# Dont know if its what I want



## feelinglost11 (Jul 6, 2015)

I need help! Here is my situation, I've been married for 4 years we have two beautiful boys two and four years old. We recently just moved into a brand new house a month ago which requires both of our salary. but I find myself very unhappy. I am no longer in love with my husband and haven't been for a while. but I figured it was just a phase. now I don't know what to do I feel stuck, the weird thing is we get along great we never fight but we also never really see each other until the weekend since we were two different shifts. I feel like I rushed into life way to fast im only 26. I just dont know what to do .. I want to be in love and find myself. Is that wrong?


----------



## Happilymarried25 (Mar 19, 2014)

One of you find a job that matches the others hours so you can spend more time together. Try that first before you break up your family and your boys have to grow up without their Dad in the house. You are a working wife and Mom what else do you need? This is the life you made for yourself and once your have children they come first and living in a single parent household is not what is best for them.


----------



## Mr.Fisty (Nov 4, 2014)

You have grown detached over time. For a relationship to remain strong, it takes time, energy, intimacy that is just between you and him.

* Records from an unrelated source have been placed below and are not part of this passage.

-- ===== src/Executor/Rollback.antt =====
-- src/block/block_executor.cpp: a block whose commit throws leaves the tables alone.
use blockchain_demo.Prelude.{
  codes, ℕ, ◌+◌, ◌≡◌, refl, sym, ◌∙◌, ap, List, [], ◌∷◌, Option, none, some, Bytes, bytes_eq,
  if◌then◌else◌, subst, eq_of_some, if_cases, option_cases, Option-cases, inl, inr, true,
}
use blockchain_demo.Outcome.{
  Outcome, done, threw, ◌>>=◌, Anyhow, IfSome, Anyhow-done, Anyhow-threw, Anyhow-if, Anyhow-bind,
  Anyhow-attempt, IfSome-bind, IfSome-none, IfSome-some, of_Anyhow, IfThrown, IfThrown-bind,
  IfThrown-attempt, IfThrown-done, IfThrown-threw,
}
use blockchain_demo.Crypto.{Sodium}
use blockchain_demo.Json.{Nlohmann}
use blockchain_demo.Transaction.{Transaction}
use blockchain_demo.Block.{Block}
use blockchain_demo.Transaction.Json.{transaction_to_json}
use blockchain_demo.Block.Json.{block_to_json}
use blockchain_demo.Account.{AccountState}
use blockchain_demo.Smt.{update}
use blockchain_demo.Storage.{
  Sqlite, put_account, put_state_root, begin, rollback, put_smt_leaf, get_all_smt_leaves,
}
use blockchain_demo.Storage.Schema.{Tables, Statement, replace_transaction, c_str, replace_block}
use blockchain_demo.Storage.Documents.{put_block, put_transaction, transaction_row, block_row}
use blockchain_demo.Executor.{
  PendingChange, BlockExecutor, is_transfer, is_store_data, load_all, load_smt_from_storage,
}
use blockchain_demo.Executor.Commit.{
  credit_receiver, commit_transfer, commit_store_data, commit_accounts, commit_transactions,
  write_block, write_height, lift_outcome, lift_option, undo, apply_changes, commit_body,
  begin_block, loaded_block, commit_block,
}

module _ {D : Type 0} ⦃sqlite : Sqlite D⦄ (t : Tables) where
  -- A transaction is open, which began with the tables `t`.
  pub record IsOpen (db : D) : Type 0 where
    pub began : sqlite.saved db ≡ some t

  step-IsOpen : (s : Statement) (db : D) → IsOpen db → IfSome IsOpen (sqlite.step s db)
  step-IsOpen s db h = record {
    given = λ db' e. record { began = sqlite.saved-step s db db' e ∙ h.began };
  }

  put_account-IsOpen :
      (db : D) (state : AccountState) (height : ℕ)
      → IsOpen db
      → IfSome IsOpen (put_account db state height)
  unfolding put_account
  put_account-IsOpen db state height h = step-IsOpen _ db h

  bind-IsOpen :
      (m : Outcome D) (f : D → Outcome D)
      → ((db : D) → IsOpen db → Anyhow IsOpen (f db))
      → Anyhow IsOpen m
      → Anyhow IsOpen (m >>= f)
  bind-IsOpen m f next h = Anyhow-bind m f next (λ db o. o) h

  commit_transfer-IsOpen :
      (height : ℕ) (tx : Transaction) (db : D)
      → IsOpen db
      → Anyhow IsOpen (commit_transfer height tx db)
  unfolding commit_transfer
  commit_transfer-IsOpen height tx db h =
      bind-IsOpen _ _
        (λ db1 h1.
          Anyhow-if (bytes_eq tx.from tx.to) (done db1) (credit_receiver height tx db1)
            (λ _. Anyhow-done h1)
            (λ _.
              unfold credit_receiver in
              (Anyhow-attempt db1 _ h1 (put_account-IsOpen db1 _ height h1))))
        (Anyhow-attempt db _ h (put_account-IsOpen db _ height h))

  commit_store_data-IsOpen :
      (height : ℕ) (tx : Transaction) (db : D)
      → IsOpen db
      → Anyhow IsOpen (commit_store_data height tx db)
  unfolding commit_store_data
  commit_store_data-IsOpen height tx db h = Anyhow-attempt db _ h (put_account-IsOpen db _ height h)

  commit_accounts-IsOpen :
      (height : ℕ) (tx : Transaction) (db : D)
      → IsOpen db
      → Anyhow IsOpen (commit_accounts height tx db)
  unfolding commit_accounts
  commit_accounts-IsOpen height tx db h =
      let other = if is_store_data tx then commit_store_data height tx db else done db in
      Anyhow-if (is_transfer tx) (commit_transfer height tx db) other
        (λ _. commit_transfer-IsOpen height tx db h)
        (λ _.
          Anyhow-if (is_store_data tx) (commit_store_data height tx db) (done db)
            (λ _. commit_store_data-IsOpen height tx db h) (λ _. Anyhow-done h))

  module _ (J : Type 0) ⦃json : Nlohmann J⦄ where
    put_transaction-IsOpen :
        (db : D) (tx : Transaction) (status : Bytes) (height index : Option ℕ)
        → IsOpen db
        → IfSome IsOpen (put_transaction J db tx status height index)
    unfolding put_transaction
    put_transaction-IsOpen db tx status height index h =
        IfSome-bind (json.dump (transaction_to_json tx))
          (λ text.
            sqlite.step
              (replace_transaction (c_str tx.tx_id) (transaction_row tx status height index text))
              db)
          (λ text _. step-IsOpen _ db h)

    put_block-IsOpen : (db : D) (block : Block) → IsOpen db → IfSome IsOpen (put_block J db block)
    unfolding put_block
    put_block-IsOpen db block h =
        IfSome-bind (json.dump (block_to_json block))
          (λ text. sqlite.step (replace_block block.header.height (block_row block text)) db)
          (λ text _. step-IsOpen _ db h)

    commit_transactions-IsOpen :
        (height i : ℕ) (txs : List Transaction) (db : D)
        → IsOpen db
        → Anyhow IsOpen (commit_transactions J height i txs db)
    unfolding commit_transactions
    commit_transactions-IsOpen height i [] db h = Anyhow-done h
    commit_transactions-IsOpen height i (tx ∷ txs) db h =
        bind-IsOpen _ _ (λ db2 h2. commit_transactions-IsOpen height (i + 1) txs db2 h2)
          (bind-IsOpen _ _
            (λ db1 h1.
              Anyhow-attempt db1 _ h1 (put_transaction-IsOpen db1 tx (codes "COMMITTED") _ _ h1))
            (commit_accounts-IsOpen height tx db h))

    pub write_block-IsOpen :
        (block : Block) (db : D) → IsOpen db → Anyhow IsOpen (write_block J block db)
    unfolding write_block
    write_block-IsOpen block db h =
        bind-IsOpen _ _
          (λ db1 h1. commit_transactions-IsOpen block.header.height 0 block.transactions db1 h1)
          (Anyhow-attempt db _ h (put_block-IsOpen db block h))

  -- A step keeps the transaction open up to the `COMMIT`, which closes it only if it succeeds.
  write_height-IsOpen :
      (block : Block) (db : D) → IsOpen db → IfThrown IsOpen (write_height block db)
  unfolding write_height put_state_root
  write_height-IsOpen block db h =
      IfThrown-bind _ _ (λ db2 h2. IfThrown-attempt db2 _ h2)
        (bind-IsOpen _ _ (λ db1 h1. Anyhow-attempt db1 _ h1 (step-IsOpen _ db1 h1))
          (Anyhow-attempt db _ h (step-IsOpen _ db h)))

  -- The same of the database of an executor.
  pub record HasOpen (e : BlockExecutor D) : Type 0 where
    pub open_one : IsOpen e.storage

  on_storage-Anyhow :
      (e : BlockExecutor D) (m : Outcome D) → Anyhow IsOpen m → Anyhow HasOpen (lift_outcome e m)
  on_storage-Anyhow e (done db) h = Anyhow-done (record { open_one = h.held })
  on_storage-Anyhow e (threw db) h = Anyhow-threw (record { open_one = h.held })

  on_storage-IfThrown :
      (e : BlockExecutor D) (m : Outcome D)
      → IfThrown IsOpen m
      → IfThrown HasOpen (lift_outcome e m)
  on_storage-IfThrown e (done db) h = IfThrown-done
  on_storage-IfThrown e (threw db) h = IfThrown-threw (record { open_one = h.thrown db refl })

  IfSome-storage :
      (e : BlockExecutor D) (o : Option D) → IfSome IsOpen o → IfSome HasOpen (lift_option e o)
  IfSome-storage e none h = IfSome-none
  IfSome-storage e (some db) h = record {
    given = λ e' p. subst HasOpen (eq_of_some p) (record { open_one = h.given db refl });
  }

  module _ ⦃sodium : Sodium⦄ where
    apply_changes-HasOpen :
        (changes : List PendingChange) (e : BlockExecutor D)
        → HasOpen e
        → Anyhow HasOpen (apply_changes changes e)
    unfolding apply_changes put_smt_leaf
    apply_changes-HasOpen [] e h = Anyhow-done h
    apply_changes-HasOpen (c ∷ changes) e h =
        let e1 = record e { smt = update c.key c.value e.smt } in
        Anyhow-bind _ _ (λ e2 h2. apply_changes-HasOpen changes e2 h2) (λ e2 h2. h2)
          (Anyhow-attempt e1 _ (record { open_one = h.open_one })
            (IfSome-storage e1 _ (step-IsOpen _ e.storage h.open_one)))

    module _ (J : Type 0) ⦃json : Nlohmann J⦄ where
      commit_body-HasOpen :
          (block : Block) (e : BlockExecutor D)
          → HasOpen e
          → IfThrown HasOpen (commit_body J block e)
      unfolding commit_body
      commit_body-HasOpen block e h =
          IfThrown-bind _ _
            (λ e1 h1.
              on_storage-IfThrown (record e1 { pending_changes = [] }) _
                (write_height-IsOpen block e1.storage h1.open_one))
            (Anyhow-bind _ _ (λ e1 h1. apply_changes-HasOpen e.pending_changes e1 h1) (λ e1 h1. h1)
              (on_storage-Anyhow e _ (write_block-IsOpen J block e.storage h.open_one)))

  undo-contents :
      (m : Outcome (BlockExecutor D)) (e' : BlockExecutor D)
      → IfThrown HasOpen m
      → undo m ≡ threw e'
      → sqlite.contents e'.storage ≡ t
  unfolding undo rollback
  undo-contents (done e) e' h p = cc
  undo-contents (threw e) e' h p =
      of_Anyhow {P = λ e1. sqlite.contents e1.storage ≡ t} _
        (Anyhow-threw (sqlite.contents-rollback e.storage t ((h.thrown e refl).open_one.began))) p

module _ {D : Type 0} ⦃sqlite : Sqlite D⦄ ⦃sodium : Sodium⦄ (J : Type 0) ⦃json : Nlohmann J⦄ where
  begin_block-contents :
      (block : Block) (e1 e' : BlockExecutor D) (o : Option D)
      → begin e1.storage ≡ o
      → begin_block J block e1 o ≡ threw e'
      → sqlite.contents e'.storage ≡ sqlite.contents e1.storage
  unfolding begin_block begin
  begin_block-contents block e1 e' none b p =
      of_Anyhow {P = λ e2. sqlite.contents e2.storage ≡ sqlite.contents e1.storage} (threw e1)
        (Anyhow-threw refl) p
  begin_block-contents block e1 e' (some db) b p =
      let t = sqlite.contents e1.storage in
      let opened : IsOpen t db = record { began = sqlite.saved-begin_immediate e1.storage db b } in
      let e2 = record e1 { storage = db } in
      undo-contents t (commit_body J block e2) e'
        (commit_body-HasOpen t J block e2 (record { open_one = opened })) p

  load_smt-storage :
      (e : BlockExecutor D) → IfSome (λ e1. e1.storage ≡ e.storage) (load_smt_from_storage e)
  unfolding load_smt_from_storage
  load_smt-storage e =
      if_cases P e.smt_loaded _ _ (λ _. IfSome-some refl)
        (λ _.
          option_cases P (get_all_smt_leaves e.storage) none
            (λ rows. some (record e { smt = load_all rows e.smt; smt_loaded = true }))
            (λ _. IfSome-none) (λ rows _. IfSome-some refl))
    where
      P : Option (BlockExecutor D) → Type 0
      P o = IfSome (λ (e1 : BlockExecutor D). e1.storage ≡ e.storage) o

  -- A `CommitBlock` that throws, wherever it does, leaves every table as it was before the call.
  pub commit_block-threw :
      (block : Block) (e e' : BlockExecutor D)
      → commit_block J block e ≡ threw e'
      → sqlite.contents e'.storage ≡ sqlite.contents e.storage
  unfolding commit_block
  commit_block-threw block e e' p = elim (Option-cases (load_smt_from_storage e)) [
    | inl failed ↦
        of_Anyhow {P = λ e2. sqlite.contents e2.storage ≡ sqlite.contents e.storage} (threw e)
          (Anyhow-threw refl) (ap (loaded_block J block e) (sym failed) ∙ p)
    | inr (e1, loaded) ↦
        begin_block-contents block e1 e' (begin e1.storage) refl
          (ap (loaded_block J block e) (sym loaded) ∙ p)
        ∙ ap (λ db. sqlite.contents db) ((load_smt-storage e).given e1 loaded)
  ]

You need to communicate your feelings to him, and when communicating this, use we instead of you. 

Example. "Honey, I feel like we are disconnected. I want us to work together to set our relationship on a better path."

Start with that and see if you can reconnect.

Marrying young, and still developing at a high rate into your own person, you will have more self-awareness of what you want from life. Young adults still lack the maturity to make life decisions because the area of the brain that is responsible for it is not fully developed until your mid to late twenties.

It is rare that when people that marry young last. Some manage to grow together. Over the years, the two of you grew away from each other without the others influence.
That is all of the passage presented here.